Gerónimo Rivera

Personal information
- Full name: Luciano Gerónimo Rivera Flores
- Date of birth: 18 August 2003 (age 22)
- Place of birth: Temperley, Buenos Aires, Argentina
- Height: 1.68 m (5 ft 6 in)
- Position: Winger

Team information
- Current team: Al-Wahda
- Number: 17

Youth career
- Bartolomé Mitre
- Presidente Quintana
- 2011–2012: Lanús
- 2012–2022: Banfield

Senior career*
- Years: Team / Apps / (Gls)
- 2023–2025: Banfield / 64 / (8)
- 2025–: Al-Wahda / 5 / (0)

= Gerónimo Rivera =

Argentine footballer

Luciano Gerónimo Rivera Flores (born 18 August 2003), known as Gerónimo Rivera, is an Argentine football player who plays as a winger for UAE Pro League club Al-Wahda.

==Career==
Born in Villa Sastre neighbourhood, Temperley, Argentina, Rivera played for the local clubs Bartolomé Mitre and Presidente Quintana before joining Lanús youth system. Shortly after, he joined the Banfield.

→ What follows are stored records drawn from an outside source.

-- ===== src/Graph/Relax.antt =====
-- libraries/dbal/production/src/workflow/wf_graph_order.cpp: the state of the queue, and what the
-- loop over the successors of a node does to it.
use dbal.Prelude.{
  ℕ, zero, suc, ◌+◌, ◌≡◌, refl, sym, ap, ◌∙◌, subst, String, true, false, List, [], ◌∷◌, ◌++◌,
  str_eq, eq_iff, eq_refl, if◌then◌else◌, arith, Bool-cases, inl, inr,
}
use dbal.Prelude.Int.{ℤ, pos, ◌-ℤ◌, pos-suc-sub-one}
use dbal.Prelude.Texts.{holds}
use dbal.Map.{Map, insert}
use dbal.Graph.{degree, is_zero, relax}
use dbal.Graph.Distinct.{
  IsDistinct, IsDistinct-append_one, holds-append_one, append_one-holds, append_one-holds_self,
}
use dbal.Graph.Pending.{occurrences, degree-insert, append_assoc}

-- `reached` are the nodes that are ordered or ready, and `left` counts the edges into a node that
-- are still to come. A node is reached as soon as there are none.
pub record IsState (keys reached : List String) (left : String → ℕ) (indegree : Map ℤ)
    : Type 0 where
  pub counts : (v : String) → degree indegree v ≡ pos (left v)
  pub free : (v : String) → holds v reached ≡ true → left v ≡ 0
  pub complete : (v : String) → holds v keys ≡ true → left v ≡ 0 → holds v reached ≡ true
  pub distinct : IsDistinct reached
  pub inside : (v : String) → holds v reached ≡ true → holds v keys ≡ true

pub IsState-agree :
    (keys reached : List String) (left left' : String → ℕ) (indegree : Map ℤ)
    → ((v : String) → left v ≡ left' v)
    → IsState keys reached left indegree
    → IsState keys reached left' indegree
IsState-agree keys reached left left' indegree same st = record {
  counts = λ v. st.counts v ∙ ap (λ (k : ℕ). pos k) (same v);
  free = λ v h. sym (same v) ∙ st.free v h;
  complete = λ v h z. st.complete v h (same v ∙ z);
  distinct = st.distinct;
  inside = st.inside;
}

module _ (keys nexts : List String) (base : String → ℕ) (n : String) where
  abbrev before_step : String → ℕ
  before_step v = base v + occurrences v (n ∷ nexts)

  abbrev after_step : String → ℕ
  after_step v = base v + occurrences v nexts

  -- One edge into `n` less.
  counts_step :
      (indegree : Map ℤ)
      → ((v : String) → degree indegree v ≡ pos (before_step v))
      → (v : String)
      → degree (insert n (degree indegree n -ℤ pos 1) indegree) v ≡ pos (after_step v)
  unfolding occurrences
  counts_step indegree counts v =
      degree-insert n v (degree indegree n -ℤ pos 1) indegree ∙ elim (Bool-cases (str_eq n v)) [
        | inr e ↦ rw e (counts v ∙ rw e refl)
        | inl e ↦ rw e (
            ap (λ (d : ℤ). d -ℤ pos 1)
              (counts n ∙ rw (eq_refl n) (ap (λ (k : ℕ). pos k) (omega arith)))
            ∙ pos-suc-sub-one (after_step n)
            ∙ ap (λ (k : String). pos (after_step k)) ((eq_iff n v).0 e))
      ]

  -- The node does not become free.
  busy_step :
      (reached : List String) (indegree : Map ℤ) (m : ℕ)
      → IsState keys reached before_step indegree
      → after_step n ≡ suc m
      → IsState keys reached after_step (insert n (degree indegree n -ℤ pos 1) indegree)
  unfolding occurrences
  busy_step reached indegree m st busy = record {
    counts = counts_step indegree st.counts;
    free = λ v h. let z = st.free v h in ground arith;
    complete = λ v h z. elim (Bool-cases (str_eq n v)) [
      | inl e ↦ let same = ap after_step ((eq_iff n v).0 e) in absurd (omega arith)
      | inr e ↦ st.complete v h (rw e z)
    ];
    distinct = st.distinct;
    inside = st.inside;
  }

  -- The node becomes free, and is reached.
  free_step :
      (reached : List String) (indegree : Map ℤ)
      → IsState keys reached before_step indegree
      → after_step n ≡ 0
      → holds n keys ≡ true
      → IsState keys (reached ++ n ∷ []) after_step (insert n (degree indegree n -ℤ pos 1) indegree)
  unfolding occurrences
  free_step reached indegree st now_free is_key =
      let unreached : holds n reached ≡ false = elim (Bool-cases (holds n reached)) [
        | inr e ↦ e
        | inl e ↦ let z = rw (eq_refl n) at (st.free n e) in absurd (omega arith)
      ] in
      record {
        counts = counts_step indegree st.counts;
        free = λ v h. elim (holds-append_one v n reached h) [
          | inl old ↦ let z = st.free v old in ground arith
          | inr same ↦ subst (λ (k : String). after_step k ≡ 0) same now_free
        ];
        complete = λ v h z. elim (Bool-cases (str_eq n v)) [
          | inl e ↦
              subst (λ (k : String). holds k (reached ++ n ∷ []) ≡ true) ((eq_iff n v).0 e)
                (append_one-holds_self n reached)
          | inr e ↦ append_one-holds v n reached (st.complete v h (rw e z))
        ];
        distinct = IsDistinct-append_one reached n st.distinct unreached;
        inside = λ v h. elim (holds-append_one v n reached h) [
          | inl old ↦ st.inside v old
          | inr same ↦ subst (λ (k : String). holds k keys ≡ true) same is_key
        ];
      }

relax_one :
    (keys seen ready nexts : List String) (base : String → ℕ) (n : String) (indegree : Map ℤ)
    → IsState keys (seen ++ ready) (λ v. base v + occurrences v (n ∷ nexts)) indegree
    → holds n keys ≡ true
    → IsState keys
        (seen ++ (if is_zero (degree indegree n -ℤ pos 1) then ready ++ n ∷ [] else ready))
        (λ v. base v + occurrences v nexts)
        (insert n (degree indegree n -ℤ pos 1) indegree)
relax_one keys seen ready nexts base n indegree st is_key =
    let left : degree indegree n -ℤ pos 1 ≡ pos (base n + occurrences n nexts) =
      sym (degree-insert n n (degree indegree n -ℤ pos 1) indegree ∙ rw (eq_refl n) refl)
      ∙ counts_step keys nexts base n indegree st.counts n in
    by_count (base n + occurrences n nexts) refl left
  where
    by_count :
        (k : ℕ)
        → base n + occurrences n nexts ≡ k
        → degree indegree n -ℤ pos 1 ≡ pos (base n + occurrences n nexts)
        → IsState keys
            (seen ++ (if is_zero (degree indegree n -ℤ pos 1) then ready ++ n ∷ [] else ready))
            (λ v. base v + occurrences v nexts)
            (insert n (degree indegree n -ℤ pos 1) indegree)
    by_count zero e left = rw (ap is_zero (left ∙ ap (λ (k : ℕ). pos k) e)) (
        subst
          (λ (l : List String).
            IsState keys l (λ v. base v + occurrences v nexts)
              (insert n (degree indegree n -ℤ pos 1) indegree))
          (append_assoc seen ready (n ∷ []))
          (free_step keys nexts base n (seen ++ ready) indegree st e is_key))
    by_count (suc k) e left =
        let not_zero : is_zero (pos (suc k)) ≡ false = ground arith in
        rw (ap is_zero (left ∙ ap (λ (m : ℕ). pos m) e) ∙ not_zero)
          (busy_step keys nexts base n (seen ++ ready) indegree k st e)

-- The loop over the successors takes their edges away.
pub relax-IsState :
    (keys seen nexts : List String) (base : String → ℕ) (ready : List String) (indegree : Map ℤ)
    → ((v : String) → holds v nexts ≡ true → holds v keys ≡ true)
    → IsState keys (seen ++ ready) (λ v. base v + occurrences v nexts) indegree
    → IsState keys (seen ++ (relax nexts ready indegree).0) base (relax nexts ready indegree).1
unfolding relax occurrences holds
relax-IsState keys seen [] base ready indegree inside st =
    IsState-agree keys (seen ++ ready) (λ v. base v + 0) base indegree (λ v. omega arith) st
relax-IsState keys seen (n ∷ nexts) base ready indegree inside st =
    relax-IsState keys seen nexts base _ _ (λ v h. inside v (ground arith))
      (relax_one keys seen ready nexts base n indegree st (inside n (rw (eq_refl n) refl)))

He signed his first professional contract in May 2023 and made his debut on 3 June in an Argentine Primera División match against Racing Club by replacing Emanuel Coronel at the minute 87. He scored by first time in September of the same year against Instituto.

On 12 July 2025, Banfield announced that they had sold 50% of his transfer to UAE Pro League side Al-Wahda for a fee around $2 million.

==Personal life==
His parents are Gabriela, a housekeeper, and José, a builder.

Rivera is of Chilean descent since his paternal grandmother is Chilean. Despite he is eligible to play for both Argentina and Chile, he has stated his desire to represent his country of birth.

==Style of play==
A left-footed winger inclined to offensive positions on both sides of the field, he can also operate as an attacking midfielder or second striker.